* Your objective: Would you filter these records and copy every line that has the word "more"?

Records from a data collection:
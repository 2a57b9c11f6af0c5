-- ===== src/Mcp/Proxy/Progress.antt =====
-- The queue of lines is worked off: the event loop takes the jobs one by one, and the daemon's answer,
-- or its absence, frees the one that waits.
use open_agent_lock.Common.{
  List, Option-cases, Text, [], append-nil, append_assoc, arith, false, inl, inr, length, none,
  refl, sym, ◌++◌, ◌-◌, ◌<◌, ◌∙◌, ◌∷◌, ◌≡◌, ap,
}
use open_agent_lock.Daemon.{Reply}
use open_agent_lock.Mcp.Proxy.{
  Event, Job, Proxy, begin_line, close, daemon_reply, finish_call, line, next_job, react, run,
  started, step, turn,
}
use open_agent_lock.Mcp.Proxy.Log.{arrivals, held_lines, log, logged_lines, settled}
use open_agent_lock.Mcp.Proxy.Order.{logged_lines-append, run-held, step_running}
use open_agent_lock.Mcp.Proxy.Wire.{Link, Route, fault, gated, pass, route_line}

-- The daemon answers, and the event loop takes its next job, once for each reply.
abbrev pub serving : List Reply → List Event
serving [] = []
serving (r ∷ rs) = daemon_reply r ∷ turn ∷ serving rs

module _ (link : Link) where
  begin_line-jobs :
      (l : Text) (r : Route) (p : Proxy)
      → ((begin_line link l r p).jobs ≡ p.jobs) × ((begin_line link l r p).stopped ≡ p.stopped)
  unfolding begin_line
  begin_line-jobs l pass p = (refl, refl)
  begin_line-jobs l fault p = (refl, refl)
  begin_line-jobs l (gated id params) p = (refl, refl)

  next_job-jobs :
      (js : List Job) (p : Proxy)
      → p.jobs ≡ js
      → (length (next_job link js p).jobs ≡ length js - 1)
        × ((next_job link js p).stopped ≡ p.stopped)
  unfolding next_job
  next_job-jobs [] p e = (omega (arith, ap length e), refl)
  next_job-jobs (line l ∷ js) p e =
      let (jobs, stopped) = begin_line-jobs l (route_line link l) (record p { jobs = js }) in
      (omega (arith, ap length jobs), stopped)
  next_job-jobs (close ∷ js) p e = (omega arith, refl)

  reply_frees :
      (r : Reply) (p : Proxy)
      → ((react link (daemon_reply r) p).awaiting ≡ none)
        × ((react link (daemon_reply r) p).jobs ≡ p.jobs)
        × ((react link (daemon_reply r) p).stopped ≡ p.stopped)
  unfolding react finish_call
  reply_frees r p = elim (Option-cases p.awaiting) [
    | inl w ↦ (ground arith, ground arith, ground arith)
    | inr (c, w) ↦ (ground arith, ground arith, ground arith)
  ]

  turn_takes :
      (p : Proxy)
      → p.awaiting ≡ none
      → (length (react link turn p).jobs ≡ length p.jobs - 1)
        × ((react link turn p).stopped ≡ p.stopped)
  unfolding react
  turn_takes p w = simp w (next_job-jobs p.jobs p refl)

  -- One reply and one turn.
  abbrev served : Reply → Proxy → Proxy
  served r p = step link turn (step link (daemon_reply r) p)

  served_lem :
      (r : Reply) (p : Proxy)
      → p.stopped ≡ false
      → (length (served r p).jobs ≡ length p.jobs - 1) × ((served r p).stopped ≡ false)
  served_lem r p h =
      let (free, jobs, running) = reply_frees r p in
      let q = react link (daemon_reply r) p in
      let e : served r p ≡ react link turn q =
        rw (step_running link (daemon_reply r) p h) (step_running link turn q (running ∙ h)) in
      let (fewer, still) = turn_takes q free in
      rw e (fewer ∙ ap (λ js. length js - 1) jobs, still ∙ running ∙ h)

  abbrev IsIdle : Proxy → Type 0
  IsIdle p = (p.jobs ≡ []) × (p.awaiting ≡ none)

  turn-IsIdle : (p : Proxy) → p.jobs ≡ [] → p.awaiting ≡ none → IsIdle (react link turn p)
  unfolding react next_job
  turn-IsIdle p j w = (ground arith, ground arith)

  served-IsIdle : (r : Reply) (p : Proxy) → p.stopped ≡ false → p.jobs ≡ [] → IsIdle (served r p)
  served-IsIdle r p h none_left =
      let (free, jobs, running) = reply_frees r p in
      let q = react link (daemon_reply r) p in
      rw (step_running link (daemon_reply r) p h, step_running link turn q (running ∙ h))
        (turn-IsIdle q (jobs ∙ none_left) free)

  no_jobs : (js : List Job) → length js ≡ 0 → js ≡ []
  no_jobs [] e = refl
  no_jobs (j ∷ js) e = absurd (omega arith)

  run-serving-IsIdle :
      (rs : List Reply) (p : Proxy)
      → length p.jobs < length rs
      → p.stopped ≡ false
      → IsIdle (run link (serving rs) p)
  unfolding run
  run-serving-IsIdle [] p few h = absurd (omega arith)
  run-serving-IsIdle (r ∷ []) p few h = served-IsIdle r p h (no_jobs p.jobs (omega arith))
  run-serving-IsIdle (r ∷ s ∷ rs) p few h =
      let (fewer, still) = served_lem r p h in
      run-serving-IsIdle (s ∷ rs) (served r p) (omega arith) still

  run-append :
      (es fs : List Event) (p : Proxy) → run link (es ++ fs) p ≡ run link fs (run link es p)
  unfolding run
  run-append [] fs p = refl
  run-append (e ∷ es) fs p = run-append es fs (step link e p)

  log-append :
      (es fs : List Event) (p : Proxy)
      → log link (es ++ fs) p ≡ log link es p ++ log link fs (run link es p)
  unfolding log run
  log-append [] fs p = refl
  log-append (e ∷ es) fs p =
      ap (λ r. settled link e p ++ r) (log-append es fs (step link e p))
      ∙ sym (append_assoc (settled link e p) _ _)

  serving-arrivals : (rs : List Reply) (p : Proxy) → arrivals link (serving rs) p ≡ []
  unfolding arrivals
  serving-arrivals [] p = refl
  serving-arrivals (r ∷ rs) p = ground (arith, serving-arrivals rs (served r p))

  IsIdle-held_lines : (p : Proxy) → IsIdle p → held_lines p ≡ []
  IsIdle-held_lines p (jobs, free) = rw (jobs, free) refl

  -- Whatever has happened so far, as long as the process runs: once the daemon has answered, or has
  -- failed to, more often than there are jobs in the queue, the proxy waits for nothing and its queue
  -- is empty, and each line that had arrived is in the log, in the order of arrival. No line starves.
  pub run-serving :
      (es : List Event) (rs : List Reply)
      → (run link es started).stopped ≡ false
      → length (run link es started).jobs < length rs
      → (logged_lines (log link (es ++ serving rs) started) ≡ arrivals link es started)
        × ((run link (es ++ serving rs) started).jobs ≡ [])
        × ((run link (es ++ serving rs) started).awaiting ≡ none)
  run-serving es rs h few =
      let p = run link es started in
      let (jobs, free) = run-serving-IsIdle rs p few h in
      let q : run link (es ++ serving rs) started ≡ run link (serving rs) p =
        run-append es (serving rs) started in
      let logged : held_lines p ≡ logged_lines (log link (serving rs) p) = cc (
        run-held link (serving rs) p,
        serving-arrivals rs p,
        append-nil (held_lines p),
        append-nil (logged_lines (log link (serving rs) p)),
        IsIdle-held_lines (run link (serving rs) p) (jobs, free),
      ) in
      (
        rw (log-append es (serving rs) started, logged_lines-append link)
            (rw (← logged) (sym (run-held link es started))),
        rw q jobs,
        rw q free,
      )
* * *
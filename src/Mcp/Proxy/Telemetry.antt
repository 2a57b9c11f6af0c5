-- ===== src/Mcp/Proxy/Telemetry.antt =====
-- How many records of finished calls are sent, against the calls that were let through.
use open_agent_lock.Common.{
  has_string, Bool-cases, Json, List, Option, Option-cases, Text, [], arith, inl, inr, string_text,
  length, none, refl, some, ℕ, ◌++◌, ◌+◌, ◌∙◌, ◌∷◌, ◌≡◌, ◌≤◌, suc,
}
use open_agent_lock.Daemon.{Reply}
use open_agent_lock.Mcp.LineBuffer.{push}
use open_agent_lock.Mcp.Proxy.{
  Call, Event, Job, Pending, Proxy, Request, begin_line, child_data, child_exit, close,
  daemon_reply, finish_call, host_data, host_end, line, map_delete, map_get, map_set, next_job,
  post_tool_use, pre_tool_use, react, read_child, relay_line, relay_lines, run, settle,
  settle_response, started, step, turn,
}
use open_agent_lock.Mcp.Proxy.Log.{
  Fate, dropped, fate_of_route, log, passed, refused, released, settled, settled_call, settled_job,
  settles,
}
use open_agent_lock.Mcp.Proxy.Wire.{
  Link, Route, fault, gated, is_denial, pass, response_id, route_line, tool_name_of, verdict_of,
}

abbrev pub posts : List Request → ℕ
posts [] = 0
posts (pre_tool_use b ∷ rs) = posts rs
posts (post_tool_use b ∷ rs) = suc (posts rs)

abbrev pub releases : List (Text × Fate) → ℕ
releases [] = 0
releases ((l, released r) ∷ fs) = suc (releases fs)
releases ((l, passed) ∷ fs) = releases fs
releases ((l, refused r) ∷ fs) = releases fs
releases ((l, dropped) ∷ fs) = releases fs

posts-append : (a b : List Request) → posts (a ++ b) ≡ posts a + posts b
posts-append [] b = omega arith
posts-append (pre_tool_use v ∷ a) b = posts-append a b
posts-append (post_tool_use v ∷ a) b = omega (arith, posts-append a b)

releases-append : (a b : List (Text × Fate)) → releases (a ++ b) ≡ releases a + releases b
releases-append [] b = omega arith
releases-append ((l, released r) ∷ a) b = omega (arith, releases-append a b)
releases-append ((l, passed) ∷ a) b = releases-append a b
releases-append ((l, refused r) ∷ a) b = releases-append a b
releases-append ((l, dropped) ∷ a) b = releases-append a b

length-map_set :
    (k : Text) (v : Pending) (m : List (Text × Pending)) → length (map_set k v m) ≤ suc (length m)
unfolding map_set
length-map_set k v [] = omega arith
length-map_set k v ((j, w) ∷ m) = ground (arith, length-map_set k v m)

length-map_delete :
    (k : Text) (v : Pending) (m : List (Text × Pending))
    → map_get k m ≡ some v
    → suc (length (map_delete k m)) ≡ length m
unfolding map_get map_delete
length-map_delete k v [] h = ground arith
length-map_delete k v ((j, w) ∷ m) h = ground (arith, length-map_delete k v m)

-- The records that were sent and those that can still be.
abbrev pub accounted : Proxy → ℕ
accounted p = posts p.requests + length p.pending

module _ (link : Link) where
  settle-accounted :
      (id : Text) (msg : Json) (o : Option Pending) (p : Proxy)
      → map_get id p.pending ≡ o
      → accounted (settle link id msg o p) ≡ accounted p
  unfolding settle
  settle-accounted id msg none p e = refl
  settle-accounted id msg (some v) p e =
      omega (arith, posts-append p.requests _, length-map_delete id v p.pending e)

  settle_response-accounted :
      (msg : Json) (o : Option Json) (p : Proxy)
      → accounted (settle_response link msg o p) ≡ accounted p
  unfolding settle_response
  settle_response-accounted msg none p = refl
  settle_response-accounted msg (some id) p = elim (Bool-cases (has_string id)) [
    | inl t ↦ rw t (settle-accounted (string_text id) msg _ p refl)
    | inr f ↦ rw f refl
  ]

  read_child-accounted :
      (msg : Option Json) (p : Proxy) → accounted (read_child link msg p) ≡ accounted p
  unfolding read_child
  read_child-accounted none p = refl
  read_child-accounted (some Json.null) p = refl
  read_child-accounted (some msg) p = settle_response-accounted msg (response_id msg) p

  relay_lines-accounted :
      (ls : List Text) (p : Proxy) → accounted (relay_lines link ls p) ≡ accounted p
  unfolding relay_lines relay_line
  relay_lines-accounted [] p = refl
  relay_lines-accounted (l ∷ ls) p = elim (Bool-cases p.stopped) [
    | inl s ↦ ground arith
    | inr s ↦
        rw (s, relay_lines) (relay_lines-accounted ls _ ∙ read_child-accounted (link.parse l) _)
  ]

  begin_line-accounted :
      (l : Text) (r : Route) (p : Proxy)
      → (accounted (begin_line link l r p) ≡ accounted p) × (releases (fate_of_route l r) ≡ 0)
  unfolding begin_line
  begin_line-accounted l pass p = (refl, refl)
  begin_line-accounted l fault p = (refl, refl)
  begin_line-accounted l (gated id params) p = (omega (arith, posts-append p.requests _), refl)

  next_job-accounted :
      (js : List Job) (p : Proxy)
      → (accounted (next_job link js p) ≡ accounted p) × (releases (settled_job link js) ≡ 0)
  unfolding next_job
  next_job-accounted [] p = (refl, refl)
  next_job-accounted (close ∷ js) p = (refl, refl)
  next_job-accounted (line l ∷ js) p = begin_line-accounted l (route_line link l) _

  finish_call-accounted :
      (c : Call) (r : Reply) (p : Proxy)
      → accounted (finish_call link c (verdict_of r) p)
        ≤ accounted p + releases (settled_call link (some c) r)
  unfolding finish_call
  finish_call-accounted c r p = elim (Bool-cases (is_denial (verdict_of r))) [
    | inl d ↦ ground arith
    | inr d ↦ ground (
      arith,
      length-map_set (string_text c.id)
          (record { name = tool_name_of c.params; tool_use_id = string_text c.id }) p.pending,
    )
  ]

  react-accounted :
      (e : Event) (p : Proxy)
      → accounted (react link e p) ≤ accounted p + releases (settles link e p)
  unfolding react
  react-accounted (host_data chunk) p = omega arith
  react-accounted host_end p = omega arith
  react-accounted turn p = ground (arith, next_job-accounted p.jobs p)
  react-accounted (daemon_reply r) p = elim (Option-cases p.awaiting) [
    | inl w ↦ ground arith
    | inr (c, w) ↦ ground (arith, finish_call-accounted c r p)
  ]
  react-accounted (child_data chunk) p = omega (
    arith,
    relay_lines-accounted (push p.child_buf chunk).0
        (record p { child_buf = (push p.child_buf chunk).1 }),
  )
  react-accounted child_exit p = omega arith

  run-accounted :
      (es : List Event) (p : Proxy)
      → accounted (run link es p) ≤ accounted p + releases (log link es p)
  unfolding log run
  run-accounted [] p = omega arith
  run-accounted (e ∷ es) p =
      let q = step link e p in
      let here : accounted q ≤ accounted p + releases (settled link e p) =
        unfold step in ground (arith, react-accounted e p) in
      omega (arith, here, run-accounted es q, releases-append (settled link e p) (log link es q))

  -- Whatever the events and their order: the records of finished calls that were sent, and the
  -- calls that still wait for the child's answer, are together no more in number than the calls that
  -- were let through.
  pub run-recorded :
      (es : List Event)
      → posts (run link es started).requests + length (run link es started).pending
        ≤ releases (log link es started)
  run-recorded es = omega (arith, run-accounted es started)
...
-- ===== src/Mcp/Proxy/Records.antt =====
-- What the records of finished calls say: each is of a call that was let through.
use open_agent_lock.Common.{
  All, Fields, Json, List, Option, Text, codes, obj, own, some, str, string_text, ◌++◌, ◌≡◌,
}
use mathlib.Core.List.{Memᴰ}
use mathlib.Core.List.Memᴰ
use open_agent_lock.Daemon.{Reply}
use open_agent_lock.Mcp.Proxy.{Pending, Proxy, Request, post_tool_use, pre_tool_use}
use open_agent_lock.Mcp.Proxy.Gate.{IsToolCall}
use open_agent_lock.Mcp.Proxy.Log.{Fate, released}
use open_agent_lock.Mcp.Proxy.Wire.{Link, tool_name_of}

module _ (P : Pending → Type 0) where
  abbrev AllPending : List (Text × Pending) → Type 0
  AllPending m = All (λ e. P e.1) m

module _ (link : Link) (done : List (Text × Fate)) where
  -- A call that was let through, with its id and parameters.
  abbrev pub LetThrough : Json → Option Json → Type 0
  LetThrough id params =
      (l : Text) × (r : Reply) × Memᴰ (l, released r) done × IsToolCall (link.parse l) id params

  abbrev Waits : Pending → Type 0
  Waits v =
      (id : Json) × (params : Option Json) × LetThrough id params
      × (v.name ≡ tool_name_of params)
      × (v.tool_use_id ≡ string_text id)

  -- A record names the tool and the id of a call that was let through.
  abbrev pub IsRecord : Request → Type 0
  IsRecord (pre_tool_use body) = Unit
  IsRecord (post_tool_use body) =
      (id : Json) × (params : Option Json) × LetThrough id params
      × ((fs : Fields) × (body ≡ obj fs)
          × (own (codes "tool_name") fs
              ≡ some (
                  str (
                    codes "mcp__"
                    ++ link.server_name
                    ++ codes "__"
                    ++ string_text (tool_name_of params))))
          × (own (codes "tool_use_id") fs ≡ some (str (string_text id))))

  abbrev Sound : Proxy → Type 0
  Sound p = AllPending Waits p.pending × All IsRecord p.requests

* Written answer:
  -- failed to, more often than there are jobs in the queue, the proxy waits for nothing and its queue
  -- calls that still wait for the child's answer, are together no more in number than the calls that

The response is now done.